MATERIAL AND METHODS
From October 2006 46 patients were treated with HIFU. Bone scan and abdominal CT/MRI scan were negative. Median follow-up was 9 months (range 3-24 months).
The median prostate-specific antigen (PSA) nadir was 0.3 ng/ml (range 0-24 ng/ml). Eighteen patients (39.1%) were classified as failures. In addition, there were four patients (8.7%) with post-HIFU PSA nadir > 0.5 ng/ml. No patients died during follow-up.
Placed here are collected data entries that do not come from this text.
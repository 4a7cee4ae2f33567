-- ===== src/Transport/Handler.antt =====
-- The loop of `websocket` of core/cluster/transport_core.py, its clean-up, and the admission of
-- connections.
use xiaozhi_desk_robot_serve.Prelude.{
  ℕ, String, Bool, Option, none, some, List, [], ◌∷◌, if◌then◌else◌, not, ◌||◌, leb, ◌==◌, length,
  str_eq,
}
use xiaozhi_desk_robot_serve.VoiceTurn.{Message, VoiceTurn, Config}
use xiaozhi_desk_robot_serve.VoiceTurn.Control.{abort}
use xiaozhi_desk_robot_serve.Transport.{
  max_sessions, WsFrame, Session, Exit, continues, breaks, raises, handle_frame,
}

-- a frame with its time, the sends of the session's voice that get through, and whether the
-- handler's own does
abbrev pub Arrival : Type 0 → Type 0
Arrival P = (Message → Bool) × Bool × ℕ × WsFrame P

module _ {P M : Type 0} (cfg : Config) (matches : String → Bool) (receive : P → M → M) where
  -- `async for frame in ws`; the frames run out when the connection closes
  unfoldable pub loop : List (Arrival P) → Session M → Session M × Exit
  loop [] s = (s, breaks)
  loop ((sends, sent, now, f) ∷ frames) s =
      let (s', e) = handle_frame cfg matches receive sends sent now f s in
      let rest = loop frames s' in
      elim e [ continues ↦ rest | breaks ↦ (s', breaks) | raises ↦ (s', raises) ]

-- the voice's part of the `finally` of the handler
unfoldable pub release_voice : (Message → Bool) → Option VoiceTurn → Option VoiceTurn
release_voice sends none = none
release_voice sends (some v) = some (abort sends v)

-- the handler from the hello on, to its end: the session as it leaves it
unfoldable pub serve :
    {P M : Type 0}
    → Config
    → (String → Bool)
    → (P → M → M)
    → (Message → Bool)
    → List (Arrival P)
    → Session M
    → Session M
serve cfg matches receive sends frames s =
    let (s', e) = loop cfg matches receive frames s in
    record s' { voice = release_voice sends s'.voice }

-- The core's sets of sockets and of sessions. A socket is a number, which stands for the object.
pub record Core : Type 0 where
  pub sockets : List ℕ
  pub sessions : List String
  pub stopping : Bool

unfoldable pub discard_socket : ℕ → List ℕ → List ℕ
discard_socket ws [] = []
discard_socket ws (x ∷ xs) = let rest = discard_socket ws xs in if x == ws then rest else x ∷ rest

unfoldable pub discard_session : String → List String → List String
discard_session s [] = []
discard_session s (x ∷ xs) =
    let rest = discard_session s xs in if str_eq x s then rest else x ∷ rest

-- how a request for a connection is answered
pub data Admission : Type 0 where
  unauthorized unavailable reserved : Admission

-- The guards of `websocket` and the reservation. `allowed` is the test of the query and of the
-- credentials, `paused` the answer of `requested`.
unfoldable pub admit : Bool → Bool → ℕ → Core → Core × Admission
admit allowed paused ws c =
    if not allowed
    then (c, unauthorized)
    else if c.stopping || paused || leb max_sessions (length c.sockets)
    then (c, unavailable)
    else (record c { sockets = ws ∷ c.sockets }, reserved)

-- `self.sessions.add(session)` of a new identifier
unfoldable pub open_session : String → Core → Core
open_session s c = record c { sessions = s ∷ c.sessions }

-- the core's part of the `finally` of the handler; a handler that ends before its hello has no session
unfoldable pub close_handler : ℕ → Option String → Core → Core
close_handler ws s c = record c {
  sockets = discard_socket ws c.sockets;
  sessions = elim s [ none ↦ c.sessions | some i ↦ discard_session i c.sessions ];
}

-- what the handlers do to the core, in any interleaving
pub data CoreEvent : Type 0 where
  request_event : Bool → Bool → ℕ → CoreEvent
  open_event : String → CoreEvent
  close_event : ℕ → Option String → CoreEvent

unfoldable pub core_run : List CoreEvent → Core → Core
core_run [] c = c
core_run (request_event allowed paused ws ∷ es) c = core_run es (admit allowed paused ws c).0
core_run (open_event s ∷ es) c = core_run es (open_session s c)
core_run (close_event ws s ∷ es) c = core_run es (close_handler ws s c)
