-- ===== src/Transport/Laws.antt =====
-- What the handler of core/cluster/transport_core.py keeps: the bound of its sockets, and the last turn of a
-- session that has expired.
use xiaozhi_desk_robot_serve.Prelude.{
  ℕ, ◌≤◌, String, Bool, ◌≡◌, refl, ap, ◌∙◌, true, none, some, List, [], ◌∷◌, arith, length,
}
use xiaozhi_desk_robot_serve.VoiceTurn.{Message, Config}
use xiaozhi_desk_robot_serve.Transport.{
  max_sessions, WsFrame, binary_frame, text_frame, closing_frame, other_frame, Session, Exit,
  continues, breaks, raises, is_expired, handle_late, handle_frame,
}
use xiaozhi_desk_robot_serve.Transport.Handler.{
  Arrival, loop, Core, discard_socket, admit, open_session, close_handler, CoreEvent, request_event,
  open_event, close_event, core_run,
}

length-discard_socket-le : (ws : ℕ) (xs : List ℕ) → length (discard_socket ws xs) ≤ length xs
unfolding discard_socket
length-discard_socket-le ws [] = omega arith
length-discard_socket-le ws (x ∷ xs) = ground (arith, length-discard_socket-le ws xs)

-- In any interleaving of requests, openings and clean-ups, a core that has at most 128 sockets never
-- has more.
pub length-core_run-le :
    (es : List CoreEvent) (c : Core)
    → length c.sockets ≤ max_sessions
    → length (core_run es c).sockets ≤ max_sessions
unfolding core_run admit open_session close_handler
length-core_run-le [] c h = h
length-core_run-le (request_event allowed paused ws ∷ es) c h =
    length-core_run-le es (admit allowed paused ws c).0 (ground arith)
length-core_run-le (open_event s ∷ es) c h = length-core_run-le es (open_session s c) h
length-core_run-le (close_event ws s ∷ es) c h =
    length-core_run-le es (close_handler ws s c)
      (omega (arith, length-discard_socket-le ws c.sockets))

module _ {P M : Type 0} (cfg : Config) (matches : String → Bool) (receive : P → M → M) where
  handle_frame-expired :
      (sends : Message → Bool) (sent : Bool) (now : ℕ) (f : WsFrame P) (s : Session M)
      → is_expired cfg matches receive s ≡ true
      → (handle_frame cfg matches receive sends sent now f s).0 ≡ s
  unfolding handle_frame handle_late
  handle_frame-expired sends sent now (binary_frame bytes) s e = ground arith
  handle_frame-expired sends sent now (text_frame none) s e = ground arith
  handle_frame-expired sends sent now (text_frame (some r)) s e = ground arith
  handle_frame-expired sends sent now closing_frame s e = ground arith
  handle_frame-expired sends sent now other_frame s e = ground arith

  -- In a session that has expired, no frames change anything, whichever sends fail: neither control messages
  -- nor audio supersede its last turn.
  pub loop-expired :
      (frames : List (Arrival P)) (s : Session M)
      → is_expired cfg matches receive s ≡ true
      → (loop cfg matches receive frames s).0 ≡ s
  unfolding loop
  loop-expired [] s e = refl
  loop-expired ((sends, sent, now, f) ∷ frames) s e =
      let p = handle_frame-expired sends sent now f s e in
      let (s', e') = handle_frame cfg matches receive sends sent now f s in
      elim e'
        as (λ x.
          (elim x as (λ _. Session M × Exit) [
            | continues ↦ loop cfg matches receive frames s'
            | breaks ↦ (s', breaks)
            | raises ↦ (s', raises)
          ]).0
          ≡ s) [
            | continues ↦
                ap (λ x. (loop cfg matches receive frames x).0) p ∙ loop-expired frames s e
            | breaks ↦ p
            | raises ↦ p
          ]
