-- ===== src/Transport/Framing.antt =====
-- The check of audio frames of core/cluster/transport_core.py against the frames that it means.
use xiaozhi_desk_robot_serve.Prelude.{
  ℕ, ◌/◌, ◌%◌, ◌<◌, ◌≡◌, true, some, List, [], ◌∷◌, arith, length, length-drop, take, drop,
}
use xiaozhi_desk_robot_serve.Transport.Audio.{from_bytes, all_zero, stated_length, audio_payload}

-- eight zero bytes, four that the check does not read, the length, and the payload
abbrev pub gateway_frame : ℕ → ℕ → ℕ → ℕ → List ℕ → List ℕ
gateway_frame a b c d payload =
    let n = length payload in
    0
    ∷ 0
    ∷ 0
    ∷ 0
    ∷ 0
    ∷ 0
    ∷ 0
    ∷ 0
    ∷ a
    ∷ b
    ∷ c
    ∷ d
    ∷ n / 16777216 % 256
    ∷ n / 65536 % 256
    ∷ n / 256 % 256
    ∷ n % 256
    ∷ payload

big_endian :
    (n : ℕ)
    → n < 4294967296
    → from_bytes 0 (n / 16777216 % 256 ∷ n / 65536 % 256 ∷ n / 256 % 256 ∷ n % 256 ∷ []) ≡ n
unfolding from_bytes
big_endian n h = omega arith

-- A frame with a payload that is not empty and shorter than 2^32 bytes, behind any timestamp, is
-- accepted with exactly that payload.
pub audio_payload-gateway_frame :
    (a b c d : ℕ) (payload : List ℕ)
    → 0 < length payload
    → length payload < 4294967296
    → audio_payload (gateway_frame a b c d payload) ≡ some payload
unfolding audio_payload all_zero
audio_payload-gateway_frame a b c d payload pos fits =
    let n = big_endian (length payload) fits in ground arith

-- A payload that is accepted is what follows the header of 16 bytes; it is not empty and as long as
-- the header states, and the first eight bytes are zero.
pub audio_payload_accepts :
    (bytes payload : List ℕ)
    → audio_payload bytes ≡ some payload
    → (payload ≡ drop 16 bytes)
      × (0 < length payload)
      × (stated_length bytes ≡ length payload)
      × (all_zero (take 8 bytes) ≡ true)
unfolding audio_payload
audio_payload_accepts bytes payload h = ground (arith, length-drop 16 bytes)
One patient developed urethrorectal fistulae and was successfully treated conservatively. Two patients developed urethrocutaneous fistulae. Seven patients (15.2%) and one patient (2.1%) developed grade 2 and grade 3 incontinence, respectively. Seven men (15.2%) had erectile function sufficient for intercourse pre-HIFU and only two men (4.3%) post-HIFU.
Early results of salvage HIFU in patients with local recurrence of prostate cancer after radical EBRT indicate the procedure to be a reasonable treatment option, but better patient selection criteria are needed. The side-effects are not negligible.